-- ===== src/Cas/Store/Ingest/Tests.antt =====
-- crates/jet-cas/src/store.rs: small directories ingested, and one written out again. The hash of a
-- manifest is 32 times its length, and that of a blob 32 times its length and 100.
use jetrun.Prelude.{
  All, In, ◌⊎◌, inl, inr, sym, ◌∙◌, ◌+◌, true, false, none, some, [], ◌∷◌, ok, err, Result, ◌≡◌,
  refl, any, length, replicate, Bytes, codes, bytes_eq,
}
use jetrun.Prelude.Stateful.{Outcome, continue}
use jetrun.Cas.Name as EntryName
use jetrun.Cas.Name.{bytes_cmp, is_utf8, utf8_from, next_byte, lead_byte, is_empty}
use jetrun.Cas.Tree.{
  insert, encode, encode_entries, encode_entry, encode_node, tag, decode, decode_entries,
  decode_entry, decode_node, take_bytes, u8, u16, u32, u64, remaining, is_exhausted, digest_len,
}
use jetrun.Cas.Link.{
  Errno, eopnotsupp, eperm, Intent, overlay_lower, private_inode, LinkMode, reflink, hardlink, copy,
  Capabilities, cap_unknown, cap_no, Place, nothing, same_inode, duplicate, Calls, try_reflink,
  raw_reflink, try_hardlink, link_or_copy, clone_or_else, copied, cloned, linked, is_unsupported,
  is_unlinkable, may_clone, reflink_supported,
}
use jetrun.Cas.Link
use jetrun.Cas.Store.{
  Object, CasError, io_error, has, get_bytes, get_tree, unsupported_file_type, non_utf8_name,
  not_a_file,
}
use jetrun.Cas.Store.Materialize.{
  made_dir, placed, chmod, made_symlink, Kernel, want, filed, place_file, own_mode, set_mode,
  materialize_file, materialize_node, materialize_entries, materialize_into, materialize_tree,
}
use jetrun.Cas.Store.Put
use jetrun.Cas.Store.Put.{
  relaxed, Staging, Reads, Shelf, read_chunks, hashed_contents, seal_and_commit, insert_staged,
  placed_or_copied, place_new, put_file,
}
use jetrun.Core.Digest.{fanout, to_hex, hex_digit}
use jetrun.Cas.Store.Ingest.{
  Dir, readable, no_entries, bad_entry, entry, symlink_to, directory, regular, special,
  ingest_dir_inner, ingest_entries, ingest_entry, ingest_dir,
}
use jetrun.Cas.Store.Ingest.Kept.{Grows, files_of, files_in, files_at}
use jetrun.Cas.Store.Ingest.Walk.{IsIngested}
use jetrun.Cas.Store.Ingest.Grown.{IsSteady, IsNamed, ingest_dir-Grows, ingest_dir-IsNamed}

program : Unit {0}
unfolding insert encode encode_entries encode_entry encode_node tag decode decode_entries
    decode_entry decode_node take_bytes u8 u16 u32 u64 remaining is_exhausted bytes_cmp is_utf8
    utf8_from next_byte lead_byte is_empty EntryName.contains EntryName.new bytes_eq any has
    get_bytes get_tree Link.materialize try_reflink raw_reflink try_hardlink link_or_copy
    clone_or_else copied cloned linked is_unsupported is_unlinkable may_clone reflink_supported
    continue want filed place_file own_mode set_mode materialize_file materialize_node
    materialize_entries materialize_into materialize_tree Put.put_tree put_file read_chunks
    hashed_contents seal_and_commit insert_staged placed_or_copied place_new fanout to_hex hex_digit
    ingest_dir_inner ingest_entries ingest_entry ingest_dir files_of files_in files_at
program = tt

abbrev hash : Bytes → Bytes
hash bytes = replicate digest_len (length bytes)

abbrev blob : Bytes → Bytes
blob bytes = replicate digest_len (100 + length bytes)

abbrev plain : Calls
plain = record {
  remove_file = none;
  open_source = none;
  create_new = none;
  ficlone = some eopnotsupp;
  remove_partial = none;
  hard_link = none;
  copy_file = none;
}

abbrev staging : Staging
staging = record {
  create_file = none;
  write_all = none;
  sync_all = none;
  metadata = none;
  set_permissions = none;
  create_dir_all = none;
  rename = none;
}

-- A file that gives the same contents to every read.
abbrev still : Bytes → Reads
still contents = record {
  stat = ok (true, length contents);
  whole = ok contents;
  open_hashing = none;
  chunks = ok contents ∷ ok [] ∷ [];
  staged = nothing;
  placing = plain;
  placed = contents;
  open_ingest = none;
  copied = contents;
  staging = staging;
}

abbrev source : Dir
source = readable (
    entry (codes "text") (regular (still (codes "fn main()")) false)
      (entry (codes "run") (regular (still (codes "#!")) true) no_entries))

abbrev root : Dir
root = readable (
    entry (codes "src") (directory source staging)
      (entry (codes "link") (symlink_to (ok (codes "/etc"))) no_entries))

abbrev empty : Shelf
empty = record { objects = []; caps = cap_unknown; ioctls = 0 }

abbrev ingest : Dir → Result Bytes CasError × Shelf
ingest d =
    ingest_dir (λ digest. codes "hex") (codes "store" ∷ []) relaxed 5 blob hash d staging
      (codes "in" ∷ []) empty

abbrev ingested : Result Bytes CasError × Shelf
ingested = ingest root

abbrev kernel : Kernel
kernel = record {
  exists = λ path. false;
  create_dir = λ path. none;
  before = λ path. nothing;
  calls = λ path. plain;
  metadata = λ path. none;
  set_permissions = λ path. none;
  symlink_call = λ path. none;
}

abbrev digest_of : Result Bytes CasError → Bytes
digest_of (ok d) = d
digest_of (err e) = []

-- What was ingested is what is written out.
written_out :
    (materialize_tree hash ingested.1.objects kernel private_inode
      (digest_of ingested.0)
      (codes "out" ∷ [])
      cap_no
      0).1.log
    ≡ (chmod (codes "out" ∷ codes "src" ∷ codes "text" ∷ []) 420 duplicate
        ∷ placed
            (codes "out" ∷ codes "src" ∷ codes "text" ∷ [])
            (blob (codes "fn main()"))
            9
            false
            copy
            duplicate
        ∷ chmod (codes "out" ∷ codes "src" ∷ codes "run" ∷ []) 493 duplicate
        ∷ placed
            (codes "out" ∷ codes "src" ∷ codes "run" ∷ [])
            (blob (codes "#!"))
            2
            true
            copy
            duplicate
        ∷ made_dir (codes "out" ∷ codes "src" ∷ [])
        ∷ made_symlink (codes "out" ∷ codes "link" ∷ []) (codes "/etc")
        ∷ made_dir (codes "out" ∷ [])
        ∷ [])
unfolding program
written_out = refl

unsupported :
    (ingest (readable (entry (codes "fifo") special no_entries))).0
    ≡ err (unsupported_file_type (codes "in" ∷ codes "fifo" ∷ []))
unfolding program
unsupported = refl

not_a_text :
    (ingest (readable (entry (255 ∷ []) special no_entries))).0
    ≡ err (non_utf8_name (codes "in" ∷ (255 ∷ []) ∷ []))
unfolding program
not_a_text = refl

half_read :
    (ingest (readable (entry (codes "a") (regular (still (codes "a")) false) (bad_entry eperm)))).0
    ≡ err (io_error (codes "read_dir entry") (codes "in" ∷ []) eperm)
unfolding program
half_read = refl

-- What was ingested before an error stays.
kept_half :
    (ingest (
      readable (entry (codes "a") (regular (still (codes "a")) false) (bad_entry eperm)))).1.objects
    ≡ record { digest = blob (codes "a"); bytes = codes "a"; modified = 5 } ∷ []
unfolding program
kept_half = refl

replaced :
    (ingest (
      readable (
        entry
          (codes "a")
          (regular (record (still []) { stat = ok (false, 0) }) false)
          no_entries))).0
    ≡ err (not_a_file (codes "in" ∷ codes "a" ∷ []))
unfolding program
replaced = refl

-- A file that is edited after it was hashed is stored under the digest of what it was.
edited :
    (ingest (
      readable (
        entry
          (codes "a")
          (regular (record (still (codes "old")) { placed = codes "newer" }) false)
          (bad_entry eperm)))).1.objects
    ≡ record { digest = blob (codes "old"); bytes = codes "newer"; modified = 5 } ∷ []
unfolding program
edited = refl

-- A placing that fails is followed by a plain copy.
fallen_back :
    (ingest (
      readable (
        entry
          (codes "a")
          (regular
            (record (still (codes "a")) { placing = record plain { open_source = some eperm } })
            false)
          (bad_entry eperm)))).1.objects
    ≡ record { digest = blob (codes "a"); bytes = codes "a"; modified = 5 } ∷ []
unfolding program
fallen_back = refl

ingest_dir-Grows_example :
    Outcome
      (λ digest after.
        Grows blob hash (λ r. In r (files_of root)) [] after.objects
        × IsIngested blob hash root digest after.objects)
      (λ e after. Grows blob hash (λ r. In r (files_of root)) [] after.objects)
      ingested
ingest_dir-Grows_example =
    ingest_dir-Grows (λ digest. codes "hex") (codes "store" ∷ []) relaxed 5 blob hash root staging
      (codes "in" ∷ []) empty

still-IsSteady :
    (contents : Bytes)
    → read_chunks (ok contents ∷ ok [] ∷ []) ≡ ok contents
    → IsSteady (still contents)
still-IsSteady contents whole c h = elim h [
  | inl q ↦ (ok-same q, ok-same q)
  | inr q ↦ (ok-same (sym whole ∙ q), ok-same (sym whole ∙ q))
]
  where
    ok-same : ◌≡◌ {A = Result Bytes Errno} (ok contents) (ok c) → contents ≡ c
    ok-same q = cc

abbrev added : Object
added = record { digest = blob (codes "#!"); bytes = codes "#!"; modified = 5 }

is_added : In added ingested.1.objects
unfolding program
is_added = inr (inr (inl refl))

all-IsSteady : All IsSteady (files_of root)
unfolding program
all-IsSteady = (still-IsSteady (codes "fn main()") refl, (still-IsSteady (codes "#!") refl, tt))

ingest_dir-IsNamed_example : In added [] ⊎ IsNamed blob hash added
ingest_dir-IsNamed_example =
    ingest_dir-IsNamed (λ digest. codes "hex") (codes "store" ∷ []) relaxed 5 blob hash root staging
      (codes "in" ∷ []) empty added all-IsSteady is_added
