-- ===== src/Cas/Store/Intact/Tests.antt =====
-- crates/jet-cas/src/store.rs: putting and reading back, in a store that holds neither.
use jetrun.Prelude.{
  refl, ◌^◌, ◌<◌, ◌≡◌, sym, false, List, [], ◌∷◌, arith, length, replicate, Result, Bytes, codes,
  bytes_eq, ok,
}
use jetrun.Cas.Name as EntryName
use jetrun.Cas.Name.{bytes_cmp, is_utf8, utf8_from, next_byte, lead_byte, is_empty}
use jetrun.Cas.Tree.{Tree, file, encode, encode_entries, encode_entry, encode_node, tag, digest_len}
use jetrun.Cas.Tree.RoundTrip.{IsTree}
use jetrun.Cas.Store.{
  Object, CasError, get_bytes, get_bytes_verified, put_bytes, put_tree, get_tree, tree_digest,
}
use jetrun.Cas.Store.Intact.{IsIntact, get_bytes-put_bytes, get_tree-put_tree}

program : Unit {0}
unfolding encode encode_entries encode_entry encode_node tag bytes_cmp is_utf8 utf8_from next_byte
    lead_byte is_empty EntryName.contains EntryName.new get_bytes bytes_eq
program = tt

abbrev hash : Bytes → Bytes
hash bytes = replicate digest_len (length bytes)

abbrev objects : List Object
objects = record { digest = replicate digest_len 3; bytes = codes "abc"; modified = 0 } ∷ []

abbrev source : Tree
source = (codes "main.rs", file (replicate digest_len 200) 9 false) ∷ []

source-IsTree : IsTree source
unfolding program
source-IsTree = record {
  names = ((refl, refl, omega arith), tt);
  nodes = ((refl, omega arith), tt);
  sorted = (tt, tt);
  count_u32 = omega arith;
}

length-source : length (encode source) < 2 ^ 64
unfolding program
length-source = omega arith

source-IsIntact : IsIntact objects (tree_digest hash source) (encode source)
unfolding program
source-IsIntact b h = cc

abc-IsIntact : IsIntact objects (hash (codes "abc")) (codes "abc")
unfolding program
abc-IsIntact b h = sym (ok-injective h)
  where
    ok-injective : {a b : Bytes} → ◌≡◌ {A = Result Bytes CasError} (ok a) (ok b) → a ≡ b
    ok-injective h = cc

get_bytes-put_bytes_example :
    (get_bytes (put_bytes hash objects (codes "abc") 5).1 (put_bytes hash objects (codes "abc") 5).0
      ≡ ok (codes "abc"))
    × (get_bytes_verified hash
          (put_bytes hash objects (codes "abc") 5).1
          (put_bytes hash objects (codes "abc") 5).0
        ≡ ok (codes "abc"))
get_bytes-put_bytes_example = get_bytes-put_bytes hash objects (codes "abc") 5 abc-IsIntact

get_tree-put_tree_example :
    get_tree hash (put_tree hash objects source 5).1 (put_tree hash objects source 5).0 ≡ ok source
get_tree-put_tree_example =
    get_tree-put_tree hash objects source 5 source-IsTree length-source source-IsIntact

What to do —
Where a line of the records above holds the word "length", copy that line.

Response to this task —
-- manifest is 32 times its length, and that of a blob 32 times its length and 100.
  refl, any, length, replicate, Bytes, codes, bytes_eq,
hash bytes = replicate digest_len (length bytes)
blob bytes = replicate digest_len (100 + length bytes)
  stat = ok (true, length contents);
  refl, ◌^◌, ◌<◌, ◌≡◌, sym, false, List, [], ◌∷◌, arith, length, replicate, Result, Bytes, codes,
hash bytes = replicate digest_len (length bytes)
length-source : length (encode source) < 2 ^ 64
length-source = omega arith
    get_tree-put_tree hash objects source 5 source-IsTree length-source source-IsIntact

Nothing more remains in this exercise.